With a thriving local music scene, flourishing performing arts community and more talented artists than you can shake a paintbrush at, numerous cultural venues make Grand Forks a dynamically thriving arts and culture scene.
- Cost of living: 3% below U. S. average
- City population: 54,243
- Median household income: $47,871
- Median home value: $219,900
- Median rent: $728 (1bd. home) $1225 (3bd. home)
- Unemployment rate: 4%
2. Texarkana, AR
One of the most famous twin cities in the nation, Texarkana, Arkansas sits just across State Line Avenue from the slightly-larger Texarkana, Texas. While a distinct city from its neighbor across the border with its own mayor and government.
The twin cities share one courthouse, one federal building, one jail and one post office, among other services. But it’s on the Arkansas side where living is easy, with a one-bedroom apartment renting for just $548 a month on average.

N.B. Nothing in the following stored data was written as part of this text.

-- ===== src/Server/Statistics.antt =====
-- What `reportStats` says of a run: the counters of a new server, read between two rounds.
use tzsp_server.Prelude.{
  ℕ, zero, suc, ◌≤◌, ◌<◌, ◌^◌, ◌%◌, ◌≡◌, ◌≢◌, ◌+◌, ◌↔◌, refl, ◌∙◌, some, Option, List, Bytes,
  length, arith,
}
use tzsp_server.Prelude.Int.{ℤ}
use tzsp_server.Decoder.{Dissection}
use tzsp_server.Output.{FileWriter}
use tzsp_server.Pcap.{Writer, Directory}
use tzsp_server.Netflow.{Exporter}
use tzsp_server.Qingping.Export.{Config}
use tzsp_server.Server.{
  room, Server, Event, not_a_number, infinite, rate, Report, report, new_server, receive_loop,
}
use tzsp_server.Server.Streams.{datagrams, frames, written}
use tzsp_server.Server.Counters.{IsCounting}
use tzsp_server.Server.Run.{receive_loop-Counted}

-- A report on `received` datagrams of which `decoded` had a frame and `written` frames are in the file.
pub record Reports (received decoded written : ℕ) (r : Report) : Type 0 where
  pub received_is : r.received ≡ received
  pub decoded_is : r.decoded ≡ decoded
  pub written_is : r.written ≡ written
  pub written_le : r.written ≤ r.decoded
  pub decoded_le : r.decoded ≤ r.received
  pub nan_iff : (r.decode_rate ≡ not_a_number) ↔ (received ≡ 0)
  pub finite : r.decode_rate ≢ infinite

rate-nan_iff : (d r : ℕ) → d ≤ r → (rate d r ≡ not_a_number) ↔ (r ≡ 0)
rate-nan_iff d zero h =
    let none_decoded : d ≡ 0 = omega (arith, h) in (rw none_decoded ((λ e. refl), (λ e. refl)))
rate-nan_iff d (suc n) h = ((λ e. absurd cc), (λ e. absurd (omega arith)))

rate-finite : (d r : ℕ) → d ≤ r → rate d r ≢ infinite
rate-finite d zero h e = ground (arith, h)
rate-finite d (suc n) h e = cc

small_count : (n : ℕ) → n < 2 ^ 64 → (0 + n) % 2 ^ 64 ≡ n
small_count n h = omega (arith, h)

-- A report between two rounds of a server that began with no datagram, and has received fewer than
-- 2 ^ 64, is on all that came before it: the datagrams, those with a frame and the frames that the PCAP
-- file took; each of the numbers is at most the one before, and the rate is not a number exactly as
-- long as no datagram has come, and never infinite.
pub report-receive_loop :
    (dissect : Bytes → Dissection) (events : List Event) (buffer_size : ℤ)
    (file_writer : Option FileWriter) (w : Option Writer) (directory : Directory)
    (netflow_exp : Option Exporter) (qingping_exp : Option Config)
    → datagrams events < 2 ^ 64
    → (s' : Server) × (receive_loop dissect events
          (new_server buffer_size file_writer w directory netflow_exp qingping_exp)
        ≡ some s')
      × Reports
          (datagrams events)
          (length (frames (room buffer_size) events))
          (written (frames (room buffer_size) events) (w, directory))
          (report s')
unfolding new_server report
report-receive_loop dissect events buffer_size file_writer w directory netflow_exp qingping_exp
      few =
    let s = new_server buffer_size file_writer w directory netflow_exp qingping_exp in
    let counting : IsCounting s = record {
      received_fits = omega arith;
      decoded_fits = omega arith;
      written_fits = omega arith;
    } in
    let fs = frames (room buffer_size) events in
    let (s', run, counts, written_le, decoded_le) =
      receive_loop-Counted dissect events s counting in
    let received = counts.received_is ∙ small_count (datagrams events) few in
    let decoded = counts.decoded_is ∙ small_count (length fs) (omega (arith, few, decoded_le)) in
    let kept =
      counts.written_is
      ∙ small_count (written fs (w, directory)) (omega (arith, few, decoded_le, written_le)) in
    (
      s',
      run,
      rw (received, decoded, kept)
          (record {
            received_is = refl;
            decoded_is = refl;
            written_is = refl;
            written_le = written_le;
            decoded_le = decoded_le;
            nan_iff = rate-nan_iff (length fs) (datagrams events) decoded_le;
            finite = rate-finite (length fs) (datagrams events) decoded_le;
          }),
    )
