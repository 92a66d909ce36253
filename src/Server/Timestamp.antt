-- ===== src/Server/Timestamp.antt =====
-- The timestamp under which a frame goes to the outputs.
use tzsp_server.Prelude.{
  ℕ, ◌*◌, ◌^◌, ◌<◌, ◌≡◌, refl, ap, ◌∙◌, some, ◌++◌, Bytes, length, ltb, arith, false,
}
use tzsp_server.Prelude.Int.{wrap_i64, wrap_i64-fits}
use tzsp_server.Tzsp.{
  Tag, Packet, tag_timestamp, unix_seconds, get_tag, get_timestamp, timestamp_of,
}
use tzsp_server.Netflow.{u32_bytes}
use tzsp_server.Server.{packet_time}

seconds_fit : (n : ℕ) → n < 2 ^ 32 → wrap_i64 (unix_seconds n) ≡ unix_seconds n
seconds_fit n h = wrap_i64-fits (n * 10 ^ 9) (omega arith)

timestamp_carried :
    (tag : Tag) (n : ℕ) (more : Bytes)
    → tag.content ≡ u32_bytes n ++ more
    → n < 2 ^ 32
    → timestamp_of (some tag) ≡ some (unix_seconds n)
unfolding timestamp_of
timestamp_carried tag n more c h =
    let long : ltb (length (u32_bytes n ++ more)) 4 ≡ false = ground arith in
    simp (c, long) (ap (λ (k : ℕ). some (unix_seconds k)) (omega arith))

packet_time_tagged :
    (pkt : Packet) (tag : Tag) (n : ℕ) (more : Bytes)
    → get_tag pkt tag_timestamp ≡ some tag
    → tag.content ≡ u32_bytes n ++ more
    → n < 2 ^ 32
    → packet_time pkt ≡ unix_seconds n
unfolding packet_time get_timestamp
packet_time_tagged pkt tag n more e c h = rw (e, timestamp_carried tag n more c h) refl

-- If the first timestamp tag of a packet carries the seconds `n`, a 32-bit number, big-endian in its
-- first four bytes, then the packet's time is `n` seconds after the epoch, whatever time it was
-- received; and its nanoseconds, which the packet decoder is given, are exact in 64 bits.
pub packet_time-unix_seconds :
    (pkt : Packet) (tag : Tag) (n : ℕ) (more : Bytes)
    → get_tag pkt tag_timestamp ≡ some tag
    → tag.content ≡ u32_bytes n ++ more
    → n < 2 ^ 32
    → (packet_time pkt ≡ unix_seconds n) × (wrap_i64 (packet_time pkt) ≡ unix_seconds n)
packet_time-unix_seconds pkt tag n more e c h =
    let t = packet_time_tagged pkt tag n more e c h in (t, ap wrap_i64 t ∙ seconds_fit n h)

- Cost of living: 12.1% below U. S. average
- City population: 29,473
- Median household income: $38,701
- Median home value: $159,800
- Median rent: $548 (1bd. home) $815 (3bd. home)
- Unemployment rate: 6.7%
1. Springfield, MO
Springfield is the third-largest metropolis in the state after St Louis and Kansas. Apartment rents are about 22% cheaper and median home prices are a little more than half the national level. Springfield residents enjoy savings on groceries, transportation and utilities as well.
It’s also home to Missouri State University, a zoo, and a stunning downtown area with tramlines. The Vantage Rooftop Lounge, Springfield Opera, Springfield Ballet and Springfield Symphony are just some of the city’s entertainment offerings.
- Cost of living: 12.2% below U.S. average
- City population: 168,113
- Median household income: $33,879
- Median home value: $120,800
- Median rent: $680 (1bd. home) $1075 (3bd. home)
- Unemployment rate: 5.9%
Use this list of the 8 cheapest places to live in the U.S. to help you find your new home and start saving more money. The locations on this list not only will save you money but they are just great places to live overall as well.